Bicoloring covers for graphs and hypergraphs

Let the {\it bicoloring cover number $\chi^c(G)$} for a hypergraph $G(V,E)$ be the minimum number of bicolorings of vertices of $G$ such that every hyperedge $e\in E$ of $G$ is properly bicolored in at least one of the $\chi^c(G)$ bicolorings. We investigate the relationship between $\chi^c(G)$, matchings, hitting sets, $\alpha(G)$(independence number) and $\chi(G)$ (chromatic number). We design a factor $O(\frac{\log n}{\log \log n-\log \log \log n})$ approximation algorithm for computing a bicoloring cover. We define a new parameter for hypergraphs - "cover independence number $\gamma(G)$" and prove that $\log \frac{|V|}{\gamma(G)}$ and $\frac{|V|}{2\gamma(G)}$ are lower bounds for $\chi^c(G)$ and $\chi(G)$, respectively.
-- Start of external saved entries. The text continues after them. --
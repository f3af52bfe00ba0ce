-- ===== src/Pairing.antt =====
-- sensorsUnleashed/pairing.c: how a pair of a device with a resource of another node comes into being: the
-- assembly of the message in a static buffer, its parsing, and the list of pairs, with the array and
-- string helpers of lib/cmp_helpers.c that it calls. `mmem_alloc` is Contiki's; `malloc` gives
-- memory. Writing behind a buffer's end is `none` (undefined in C).
pub mod Assemble
pub mod Parse
pub mod Handle
pub mod Flash
pub mod Tests
use contiki_device_link.Common.{
  ℕ, zero, suc, ◌+◌, ◌-◌, ◌%◌, Bool, true, false, ◌&&◌, List, [], ◌∷◌, ◌++◌, Option, none, some,
  if◌then◌else◌, ◌==◌, ltb, leb, length, take, drop, replicate,
}
use contiki_device_link.Common.Int.{ℤ}
use contiki_device_link.Contiki.{Memb, Lists}
use contiki_device_link.Cmp.{Codec, Read}
use contiki_device_link.Sensor.{JoinPair, Sensor}
use contiki_device_link.Registry.{str_above, str_below, str_change, strncmp_equal}
use contiki_device_link.Uart.Proxy.{copy_to}

abbrev pub buffersize : ℕ
buffersize = 300

-- `buffer` and `bufsize`
pub record Assembly : Type 0 where
  pub buffer : List ℕ
  pub bufsize : ℕ

-- the start of `pairing_assembleMessage`: message 0 clears the buffer
unfoldable pub cleared : Assembly → ℕ → Assembly
cleared a num = if num == 0 then record { buffer = replicate buffersize 0; bufsize = 0 } else a

-- `pairing_assembleMessage`, for the `len` bytes at `data`
unfoldable pub pairing_assemble_message : Assembly → List ℕ → ℕ → Option (ℕ × Assembly)
unfolding cleared copy_to
pairing_assemble_message a bytes num =
    let b = cleared a num in
    if ltb buffersize (b.bufsize + length bytes)
    then some (1, b)
    else elim (copy_to b.buffer b.bufsize bytes) [
      | none ↦ none
      | some buffer ↦ some (0, record { buffer = buffer; bufsize = b.bufsize + length bytes })
    ]

-- what an array decoder gives: its return value, the values it stored, the bytes it read
pub record ArrayRead (A : Type 0) : Type 0 where
  pub ret : ℕ
  pub values : List A
  pub used : ℕ

-- The loop `while(size)` of an array decoder, which counts `step` down for each value, in 32 bits. The
-- array has room for `room` more values.
unfoldable pub decode_loop :
    {A : Type 0} → (List ℕ → Read A) → ℕ → ℕ → ℕ → List ℕ → Option (ArrayRead A)
decode_loop read step zero size bytes =
    if size == 0
    then some (record { ret = 0; values = []; used = 0 })
    else (let r = read bytes in
        elim (r.value) [
          | none ↦ some (record { ret = 1; values = []; used = r.used })
          | some v ↦ none
        ])
decode_loop read step (suc room) size bytes =
    let r = read bytes in
    let rest =
      decode_loop read step room ((size + 4294967296 - step) % 4294967296) (drop r.used bytes) in
    if size == 0 then some (record { ret = 0; values = []; used = 0 }) else elim (r.value) [
      | none ↦ some (record { ret = 1; values = []; used = r.used })
      | some v ↦ elim rest [
        | none ↦ none
        | some t ↦ some (record { ret = t.ret; values = v ∷ t.values; used = r.used + t.used })
      ]
    ]

-- `cp_decodeS8Array` and `cp_decodeU16Array`: without a header they return 0 and store nothing.
unfoldable pub decode_array :
    {A : Type 0} → Codec → (List ℕ → Read A) → ℕ → ℕ → List ℕ → Option (ArrayRead A)
unfolding decode_loop
decode_array codec read step room buffer =
    let header = codec.read_array buffer in
    elim (header.value) [
      | none ↦ some (record { ret = 0; values = []; used = header.used })
      | some size ↦ elim (decode_loop read step room size (drop header.used buffer)) [
        | none ↦ none
        | some t ↦ some (record t { used = header.used + t.used })
      ]
    ]

unfoldable pub cp_decode_s8_array : Codec → ℕ → List ℕ → Option (ArrayRead ℤ)
unfolding decode_array
cp_decode_s8_array codec room buffer = decode_array codec codec.read_s8 1 room buffer

-- The size is counted down by 2 for each value.
unfoldable pub cp_decode_u16_array : Codec → ℕ → List ℕ → Option (ArrayRead ℕ)
unfolding decode_array
cp_decode_u16_array codec room buffer = decode_array codec codec.read_u16 2 room buffer

-- the values stored over what the array held
abbrev stored_over : {A : Type 0} → List A → List A → List A
stored_over values old = values ++ drop (length values) old

-- a string up to its NUL
unfoldable pub c_string : List ℕ → List ℕ
c_string [] = []
c_string (x ∷ xs) = let rest = c_string xs in if x == 0 then [] else x ∷ rest

-- `if(pair->dsturlAbove == 0)` and its like: a URL that the block holds already stays.
unfoldable pub with_url : Option (List ℕ) → List ℕ → List ℕ → Option (List ℕ)
unfolding c_string
with_url none dst suffix = some (c_string dst ++ suffix)
with_url (some u) dst suffix = some u

-- the return value of `parseMessage`, the block, and the memory of `mmem_alloc` afterwards
pub record ParseResult (M : Type 0) : Type 0 where
  pub ret : ℕ
  pub pair : JoinPair
  pub mmem : M

module _ {M : Type 0} (codec : Codec) (mmem_alloc : M → ℕ → Option M) where
  -- the source URL, and the end
  unfoldable pub parse_source : JoinPair → M → List ℕ → Option (ParseResult M)
  parse_source pair mmem payload =
      let src = codec.read_str 100 payload in
      elim (src.value) [
        | none ↦ some (record { ret = 4; pair = pair; mmem = mmem })
        | some url ↦ elim (mmem_alloc mmem (length url + 1)) [
          | none ↦ some (record { ret = 3; pair = pair; mmem = mmem })
          | some mmem' ↦
              some (record { ret = 0; pair = record pair { srcurl = url }; mmem = mmem' })
        ]
      ]

  -- the triggers, and the URLs of the notifications
  unfoldable pub parse_triggers : JoinPair → M → List ℕ → List ℕ → Option (ParseResult M)
  unfolding parse_source cp_decode_s8_array with_url
  parse_triggers pair mmem dst payload = elim (cp_decode_s8_array codec 3 payload) [
    | none ↦ none
    | some t ↦
        let pair' = record pair { triggers = stored_over t.values pair.triggers } in
        if t.ret == 0
        then parse_source
            (record pair' {
              dsturl_above = with_url pair.dsturl_above dst str_above;
              dsturl_below = with_url pair.dsturl_below dst str_below;
              dsturl_change = with_url pair.dsturl_change dst str_change;
            })
            mmem (drop t.used payload)
        else some (record { ret = 3; pair = pair'; mmem = mmem })
  ]

  -- the URL of the destination
  unfoldable pub parse_destination : JoinPair → M → List ℕ → Option (ParseResult M)
  unfolding parse_triggers
  parse_destination pair mmem payload =
      let dst = codec.read_str 100 payload in
      elim (dst.value) [
        | none ↦ some (record { ret = 2; pair = pair; mmem = mmem })
        | some url ↦ elim (mmem_alloc mmem (length url + 1)) [
          | none ↦ some (record { ret = 5; pair = pair; mmem = mmem })
          | some mmem' ↦
              parse_triggers (record pair { dsturl = url }) mmem' url (drop dst.used payload)
        ]
      ]

  -- `parseMessage`, into the block `pair`
  unfoldable pub parse_message : JoinPair → M → List ℕ → Option (ParseResult M)
  unfolding parse_destination cp_decode_u16_array
  parse_message pair mmem payload = elim (cp_decode_u16_array codec 8 payload) [
    | none ↦ none
    | some t ↦
        let pair' = record pair { destip = stored_over t.values pair.destip } in
        if t.ret == 0
        then parse_destination pair' mmem (drop t.used payload)
        else some (record { ret = 1; pair = pair'; mmem = mmem })
  ]

-- two destinations that `pairing_handle` takes for the same: of one size, and equal
unfoldable pub same_destination : JoinPair → JoinPair → Bool
unfolding strncmp_equal
same_destination p q =
    length p.dsturl == length q.dsturl && strncmp_equal (length p.dsturl + 1) p.dsturl q.dsturl

unfoldable pub is_paired : List JoinPair → JoinPair → Bool
unfolding same_destination
is_paired [] p = false
is_paired (q ∷ qs) p = let rest = is_paired qs p in if same_destination q p then true else rest

-- The state that `pairing_handle` changes: the assembled message, the pool `pairings`, the memory of
-- `mmem_alloc`, the device, the messages stored in its file, the latest last, and the pairs
-- posted to the process.
pub record Pairing (P M : Type 0) : Type 0 where
  pub assembly : Assembly
  pub pool : P
  pub mmem : M
  pub device : Sensor
  pub stored : List (List ℕ)
  pub posted : List JoinPair

module _ {M : Type 0} (codec : Codec) (memb : Memb) (lists : Lists JoinPair)
    (mmem_alloc : M → ℕ → Option M) where
  -- a parsed pair: refused if the device has one with the same destination, else stored
  unfoldable pub add_pair : Pairing memb.State M → memb.State → JoinPair → ℕ × Pairing memb.State M
  unfolding is_paired
  add_pair s pool p =
      if is_paired s.device.pairs p then (5, record s { pool = memb.memb_free pool }) else (
        0,
        record s {
          pool = pool;
          device = record (s.device) { pairs = lists.list_add s.device.pairs p };
          stored = s.stored ++ take s.assembly.bufsize s.assembly.buffer ∷ [];
          posted = p ∷ s.posted;
        },
      )

  -- `pairing_handle`, if `memb_alloc` gives the block with the content `block`. The device's URL is
  -- written behind the message; `parseMessage` of no block is undefined.
  unfoldable pub pairing_handle :
      Pairing memb.State M → JoinPair → Option (ℕ × Pairing memb.State M)
  unfolding add_pair parse_message copy_to
  pairing_handle s block =
      let name = codec.write_str s.device.type in
      if ltb buffersize (length s.device.type + s.assembly.bufsize)
      then some (3, s)
      else elim (copy_to s.assembly.buffer s.assembly.bufsize name) [
        | none ↦ none
        | some buffer ↦
            let t = record s {
              assembly = record { buffer = buffer; bufsize = s.assembly.bufsize + length name };
            } in
            elim (memb.memb_alloc s.pool) [
              | none ↦ none
              | some pool ↦ elim (parse_message codec mmem_alloc block s.mmem buffer) [
                | none ↦ none
                | some r ↦
                    let u = record t { mmem = r.mmem } in
                    some (
                      if r.ret == 0
                      then add_pair u pool r.pair
                      else (r.ret, record u { pool = memb.memb_free pool }))
              ]
            ]
      ]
We show that $\chi^c(G)$ can be approximated by a polynomial time algorithm achieving approximation ratio $\frac{1}{1-t}$, if $\gamma(G)=n^t$, where $t<1$. We also construct a particular class of hypergraphs $G(V,E)$ called {\it cover friendly} hypergraphs where the ratio of $\alpha(G)$ to $\gamma(G)$ can be arbitrarily large.We prove that for any $t\geq 1$, there exists a $k$-uniform hypergraph $G$ such that the {\it clique number} $\omega(G)=k$ and $\chi^c(G) > t$. Let $m(k,x)$ denote the minimum number of hyperedges %in a $k$-uniform hypergraph $G$ such that some $k$-uniform hypergraph $G$ with $m(k,x)$ hyperedges does not have a bicoloring cover of size $x$. We show that $ 2^{(k-1)x-1} < m(k,x) \leq x \cdot k² \cdot 2^{(k+1)x+2}$. Let the {\it dependency $d(G)$} of $G$ be the maximum number of hyperedge neighbors of any hyperedge in $G$. We propose an algorithm for computing a bicoloring cover of size $x$ for $G$ if $d(G) \leq(\frac{2^{{x(k-1)}}{e}-1)$} using $nx+kx\frac{m}{d}$ random bits.